To increase access to timely primary care, especially in low-income, rural, and other healthcare-disadvantaged populations, nurse practitioners (NPs) have increasingly served as primary care providers (PCPs). Recent changes in the state of NP practice in response to the ongoing shortage of primary care physicians have contributed to the rapid increase of NPs as PCPs in healthcare-disadvantaged areas.[11] Several studies have reported that NPs provide comparable quality and outcomes as physicians for several chronic conditions common in the older adults, such as heart failure, diabetes mellitus, and chronic obstructive pulmonary disease.[12–17] As more NPs serve as PCPs, they assume a greater proportion of prescribing and managing complex medication regimens. A national representative survey data found no difference between primary care physicians and NPs in PIM prescribing, a measure of the quality of prescribing.[18] There are two important limitations of this study. First, it did not control for the important confounding factor of patient characteristics. Second, it did not distinguish between the initial prescription of a PIM and a refill of an existing PIM prescription.

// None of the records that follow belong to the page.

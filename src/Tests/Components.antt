-- ===== src/Tests/Components.antt =====
-- The theorems on components, values and the tracker at small inputs.
use janosh.Common.{◌+◌, ◌%◌, List, ◌^◌, ◌∷◌, [], true, false, ◌≡◌, refl, codes, ltb, arith}
use janosh.Result.{ok, ◌>>=◌}
use janosh.Decimal.RoundTrip.{decimal}
use janosh.Component.{Component, of_string, less}
use janosh.Component.Order.{index, less-index, of_string-index_text}
use janosh.Value
use janosh.Value.{Value, string, array, of_type, get_size, make_db_string}
use janosh.Value.Stored.{of_stored, of_stored-make_db_string}
use janosh.Tracker
use janosh.Tracker.{Tracker, Operation, write, read, get}
use janosh.Tracker.Counting.{Event, run, count_of, occurrences, count_of-run}

abbrev seven : Component
seven = index ⦃cast = decimal⦄ 7

seven_reads : of_string ⦃cast = decimal⦄ (codes "#7") ≡ ok seven
unfolding decimal
seven_reads = of_string-index_text ⦃cast = decimal⦄ 7 (omega arith)

abbrev ten : Component
ten = index ⦃cast = decimal⦄ 10

ten_reads : of_string ⦃cast = decimal⦄ (codes "#10") ≡ ok ten
unfolding decimal
ten_reads = of_string-index_text ⦃cast = decimal⦄ 10 (omega arith)

dot_reads :
    of_string ⦃cast = decimal⦄ (codes ".") ≡ ok (record { key = codes "!"; pretty = codes "." })
unfolding of_string
dot_reads = refl

less-index_example : less seven ten ≡ ltb 7 10
unfolding decimal
less-index_example =
    less-index ⦃cast = decimal⦄ 7 10 (omega arith) (omega arith) seven ten seven_reads ten_reads

of_stored-make_db_string_example :
    (of_type ⦃cast = decimal⦄ (codes "x") string >>= λ x.
    make_db_string x >>= λ s. of_stored ⦃cast = decimal⦄ false false Value.uninitialized s)
    ≡ of_type ⦃cast = decimal⦄ (codes "x") string
of_stored-make_db_string_example =
    of_stored-make_db_string ⦃cast = decimal⦄ (codes "x") string Value.uninitialized refl

abbrev events : List Event
events =
    record { key = codes "/a"; value = codes "s1"; op = write }
    ∷ record { key = codes "/a"; value = codes "s1"; op = read }
    ∷ record { key = codes "/a"; value = codes "s2"; op = write }
    ∷ []

abbrev counting : Tracker
counting = record Tracker.new { print_directive = Tracker.print_meta; do_publish = true }

count_of-run_example :
    count_of (codes "/a") (get write (run counting events).0)
    ≡ (count_of (codes "/a") (get write counting) + occurrences write (codes "/a") events) % 2 ^ 64
unfolding Tracker.find
count_of-run_example = count_of-run counting events write (codes "/a") refl (omega arith)
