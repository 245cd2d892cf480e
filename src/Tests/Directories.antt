-- ===== src/Tests/Directories.antt =====
-- The theorems on new containers for an array of one member.
use janosh.Common.{◌+◌, ◌%◌, ◌^◌, ◌∷◌, [], ◌≡◌, refl, none, bytes_eq, codes, arith}
use janosh.Result.{ok}
use janosh.Decimal.RoundTrip.{decimal}
use janosh.Component
use janosh.Component.{LexicalCast}
use janosh.Value.{array}
use janosh.Value.Stored.{descriptor}
use janosh.Remote.{RemoteDb, update}
use janosh.Record.Fetch.{opened}
use janosh.Record.Outcome.{Ends}
use janosh.Tests.Server.{lookup, listed, listed-IsMap, view-listed}
use janosh.Tests.Samples.{array_dir, slot}
use janosh.Tests.Array.{before, before-IsReadable, world, slot_1_free}
use janosh.Path.Algebra.{dot, base_path-compiled, compiled-IsPlain, IsPlain}
use janosh.Path.Compile.{compiled}
use janosh.Path.Family.{parent-compiled, dot-HasKey, dot-IsCanonical, index-HasKey}
use janosh.Component.Order.{index, of_string-index_key}
use janosh.Component
use janosh.Component.Bits.{key_encode_index}
use janosh.Value.{object}
use janosh.Path
use janosh.Path.{KeyPath}
use janosh.Record.Fetch.{IsSingle}
use janosh.Database.{make_directory, truncate}
use janosh.Database.Directories.{IsFree, make_array-new, truncate-Ends}
use janosh.Database.Containers.{in_array}
use janosh.Tests.Samples.{a, a-HasKey, a-IsCanonical, slot-IsPlain}
use janosh.Tests.Array.{slot-IsSingle, slot_1_free, one_member}

instance abbrev cast : LexicalCast
cast = decimal

instance abbrev remote : RemoteDb
remote = listed

-- The directory at the index 1.
abbrev slot_dir : KeyPath
slot_dir = compiled (a ∷ index 1 ∷ dot ∷ [])

slot_dir-IsPlain : IsPlain slot_dir
slot_dir-IsPlain =
    compiled-IsPlain (a ∷ index 1 ∷ dot ∷ [])
      (a-HasKey, (index-HasKey 1 (omega arith), (dot-HasKey, tt)))
      (a-IsCanonical, (of_string-index_key 1 (omega arith), (dot-IsCanonical, tt)))

slot_dir-IsSingle : IsSingle slot_dir
unfolding Path.is_root Path.is_empty Component.is_wildcard
slot_dir-IsSingle = record {
  plain = slot_dir-IsPlain;
  no_wildcard = refl;
  root_key = λ h. cc;
  no_empty = refl;
}

slot_dir_base : Path.base_path slot_dir ≡ ok (slot 1)
unfolding Component.is_directory Component.is_wildcard
slot_dir_base = base_path-compiled slot_dir slot_dir-IsPlain.well_formed

slot_dir-parent : Path.parent slot_dir ≡ ok array_dir
unfolding Component.is_directory Component.is_wildcard
slot_dir-parent = parent-compiled slot_dir slot_dir-IsPlain

slot_dir_index : Path.parse_index slot_dir ≡ ok 1
unfolding Path.parse_index Path.name Path.from_end decimal Component.is_directory
slot_dir_index = refl

slot_dir-IsFree : IsFree slot_dir (slot 1) array_dir array 1 (lookup before)
unfolding Path.is_root Component.is_directory key_encode_index bytes_eq
slot_dir-IsFree = record {
  single = slot_dir-IsSingle;
  is_directory = refl;
  no_root = refl;
  gone = refl;
  base = slot_dir_base;
  base_single = slot-IsSingle 1 (slot-IsPlain 1 (omega arith));
  base_no_root = refl;
  base_gone = slot_1_free;
  up = slot_dir-parent;
  has_container = one_member;
  has_room = in_array 1 slot_dir_index (omega arith);
  apart = λ e. cc;
}

make_array-new_example :
    Ends listed-IsMap (make_directory (opened 0 slot_dir) array 0) (world before) 1 (
      update
        (update (lookup before) array_dir.key_str (descriptor array ((1 + 1) % 2 ^ 64)))
        slot_dir.key_str
        (descriptor array 0))
make_array-new_example =
    make_array-new listed-IsMap 0 slot_dir (slot 1) array_dir array 1 0 (world before)
      (lookup before) (view-listed (world before).db) slot_dir-IsFree before-IsReadable

truncate-Ends_example :
    Ends listed-IsMap truncate
      (world before)
      1
      (update (λ k. none) (codes "/!") (descriptor object 0))
truncate-Ends_example = truncate-Ends listed-IsMap (world before)
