-- ===== src/Tests/Documents.antt =====
-- Loading the document {"a": ["x", true]} into an empty database.
use janosh.Common.{◌%◌, ◌^◌, List, [], ◌∷◌, true, refl, Bytes, codes, arith}
use janosh.Decimal.RoundTrip.{decimal}
use janosh.Component.{LexicalCast, of_string}
use janosh.Component.Order.{index}
use janosh.Path.Compile.{compiled}
use janosh.Path.Algebra.{dot}
use janosh.Value.{array, object, string, boolean}
use janosh.Value.Stored.{descriptor}
use janosh.Tracker
use janosh.Json
use janosh.Json.{Json, JsonSpirit}
use janosh.Remote.{RemoteDb, World}
use janosh.Record.Outcome.{Ends}
use janosh.Database.Load.{load_json}
use janosh.Database.Load.Flat.{
  value, write_all, visits_of, Flat, scalar, whole_array, whole_object, no_item, an_item, no_field,
  a_field,
}
use janosh.Database.Load.Writes.{load_json-Ends}
use janosh.Tests.Server.{lookup, listed, listed-IsMap, view-listed}
use janosh.Tests.Samples.{a}

instance abbrev cast : LexicalCast
cast = decimal

instance abbrev remote : RemoteDb
remote = listed

instance abbrev spirit : JsonSpirit
spirit = record { get_int = λ i. i % 2 ^ 32 }

abbrev document : Json
document = Json.object (
    Json.field (codes "a")
      (Json.array (Json.item (Json.text (codes "x")) (Json.item (Json.boolean true) Json.no_items)))
      Json.no_fields)

abbrev document_records : List (Bytes × Bytes)
document_records =
    ((compiled (dot ∷ [])).key_str, descriptor object 1)
    ∷ ((compiled (a ∷ dot ∷ [])).key_str, descriptor array 2)
    ∷ ((compiled (a ∷ index 0 ∷ [])).key_str, codes "sx")
    ∷ ((compiled (a ∷ index 1 ∷ [])).key_str, codes "b1")
    ∷ []

document-Flat : Flat [] (value document) document_records
unfolding of_string
document-Flat = whole_object (omega arith) (
    a_field a refl (omega arith, tt)
      (whole_array (omega arith) (
        an_item (omega arith) (scalar (Json.text (codes "x")) string (codes "x") refl)
          (an_item (omega arith) (scalar (Json.boolean true) boolean (codes "1") refl) no_item)))
      no_field)

abbrev bare : World
bare = record { db = record { records = []; places = [] }; tracker = Tracker.new; sent = [] }

load_json-Ends_example :
    Ends listed-IsMap
      (load_json document)
      bare
      (visits_of document % 2 ^ 64)
      (write_all (lookup []) document_records)
load_json-Ends_example =
    load_json-Ends listed-IsMap document document_records bare (lookup []) (view-listed bare.db)
      document-Flat
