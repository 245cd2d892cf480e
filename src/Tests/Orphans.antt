-- ===== src/Tests/Orphans.antt =====
-- `add` below a directory that is not there.
use janosh.Common.{◌∷◌, [], refl, codes}
use janosh.Result.{record_exception}
use janosh.Decimal.RoundTrip.{decimal}
use janosh.Component
use janosh.Component.{LexicalCast}
use janosh.Path
use janosh.Path.{KeyPath}
use janosh.Remote.{RemoteDb, update}
use janosh.Record.Fetch.{opened, IsSingle, IsReadable}
use janosh.Record.Outcome.{Throws}
use janosh.Database.{add}
use janosh.Database.Orphans.{add_orphan}
use janosh.Tests.Server.{Records, lookup, listed, listed-IsMap, view-listed}
use janosh.Tests.Samples.{array_dir, member, member-IsPlain, parent-member}
use janosh.Tests.Array.{
  lookup-IsReadable, root, root-IsPlain, reads_back, world, array_dir-IsSingle, text_y,
  text_y_stored,
}

instance abbrev cast : LexicalCast
cast = decimal

instance abbrev remote : RemoteDb
remote = listed

abbrev bare : Records
bare = (root.key_str, codes "O0") ∷ []

bare-IsReadable : IsReadable (lookup bare)
bare-IsReadable = lookup-IsReadable bare ((root, reads_back root root-IsPlain, refl), tt)

member-IsReadable : IsReadable (update (lookup bare) member.key_str (codes "sy"))
member-IsReadable = lookup-IsReadable ((member.key_str, codes "sy") ∷ bare) (
  (member, reads_back member member-IsPlain, refl),
  ((root, reads_back root root-IsPlain, refl), tt),
)

member-IsSingle : IsSingle member
unfolding Path.is_root Path.is_empty Component.is_wildcard
member-IsSingle = record {
  plain = member-IsPlain;
  no_wildcard = refl;
  root_key = λ h. cc;
  no_empty = refl;
}

add_orphan_example :
    Throws listed-IsMap
      (add (opened 0 member) text_y)
      (world bare)
      (record_exception "uninitialized record")
      (update (lookup bare) member.key_str (codes "sy"))
unfolding Component.is_directory Path.is_root
add_orphan_example =
    add_orphan listed-IsMap 0 member array_dir text_y (codes "sy") (world bare) (lookup bare)
      (view-listed (world bare).db) member-IsSingle array_dir-IsSingle refl refl refl parent-member
      (λ e. cc) member-IsReadable bare-IsReadable refl refl text_y_stored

Other studies have focused on the association of patient characteristics and PIM use: female sex, low income, rural residency, taking more medications, and having high healthcare utilization.[19,20] Nevertheless, evidence of the impact of prescriber type on PIM prescribing is limited, and the influence of patient characteristics on PIM prescribing by different types of prescribers has never been evaluated. In addition, previous studies did not differentiate between PIM prescription as an initial prescription and a refill prescription, a difference that would likely influence deprescribing of PIMs. Prescriber attitude and belief are associated with deprescribing an existing medication, especially a PIM that has been used by a patient for years.[21] Also, the medication decision-making and medication selection processes differ between physician and nonphysician prescribers, a reflection of the differences between NPs and physicians in training, background, experience, and practice approach.[22,23]

When a clinician orders a prescription, it is either an initial prescription or a refill authorization for a currently used drug. These are quite different actions in terms of degree of clinical decision-making and responsibility, with initial prescriptions typically occurring after a clinician makes a clinical evaluation and management decision, ideally in the context of shared decision-making. The decision to refill is more likely to be routine, with less consideration. For example, NPs working in a group practice might be asked to refill prescriptions for patients they may not follow, perhaps checking with the primary care physician in questionable cases. Therefore, when considering PIM prescriptions, initial prescriptions should be a more important measure of clinician quality. In this study, we considered initial prescriptions for PIMs separately from refills, with greater emphasis on the initial prescriptions.

We conducted a cross-sectional study using the 2016 Texas Medicare data to compare physician-prescribed PIM and NP-prescribed PIM. Our objectives were twofold: (1) to estimate the initial and refill PIM prescribing rates for physician visits and NP visits and (2) to evaluate the impact of patient characteristics on the association of provider type and PIM rate. We hypothesized that NPs would have less PIM prescribing than physicians and that the odds of receiving a PIM prescription from an NP would differ by patient characteristics.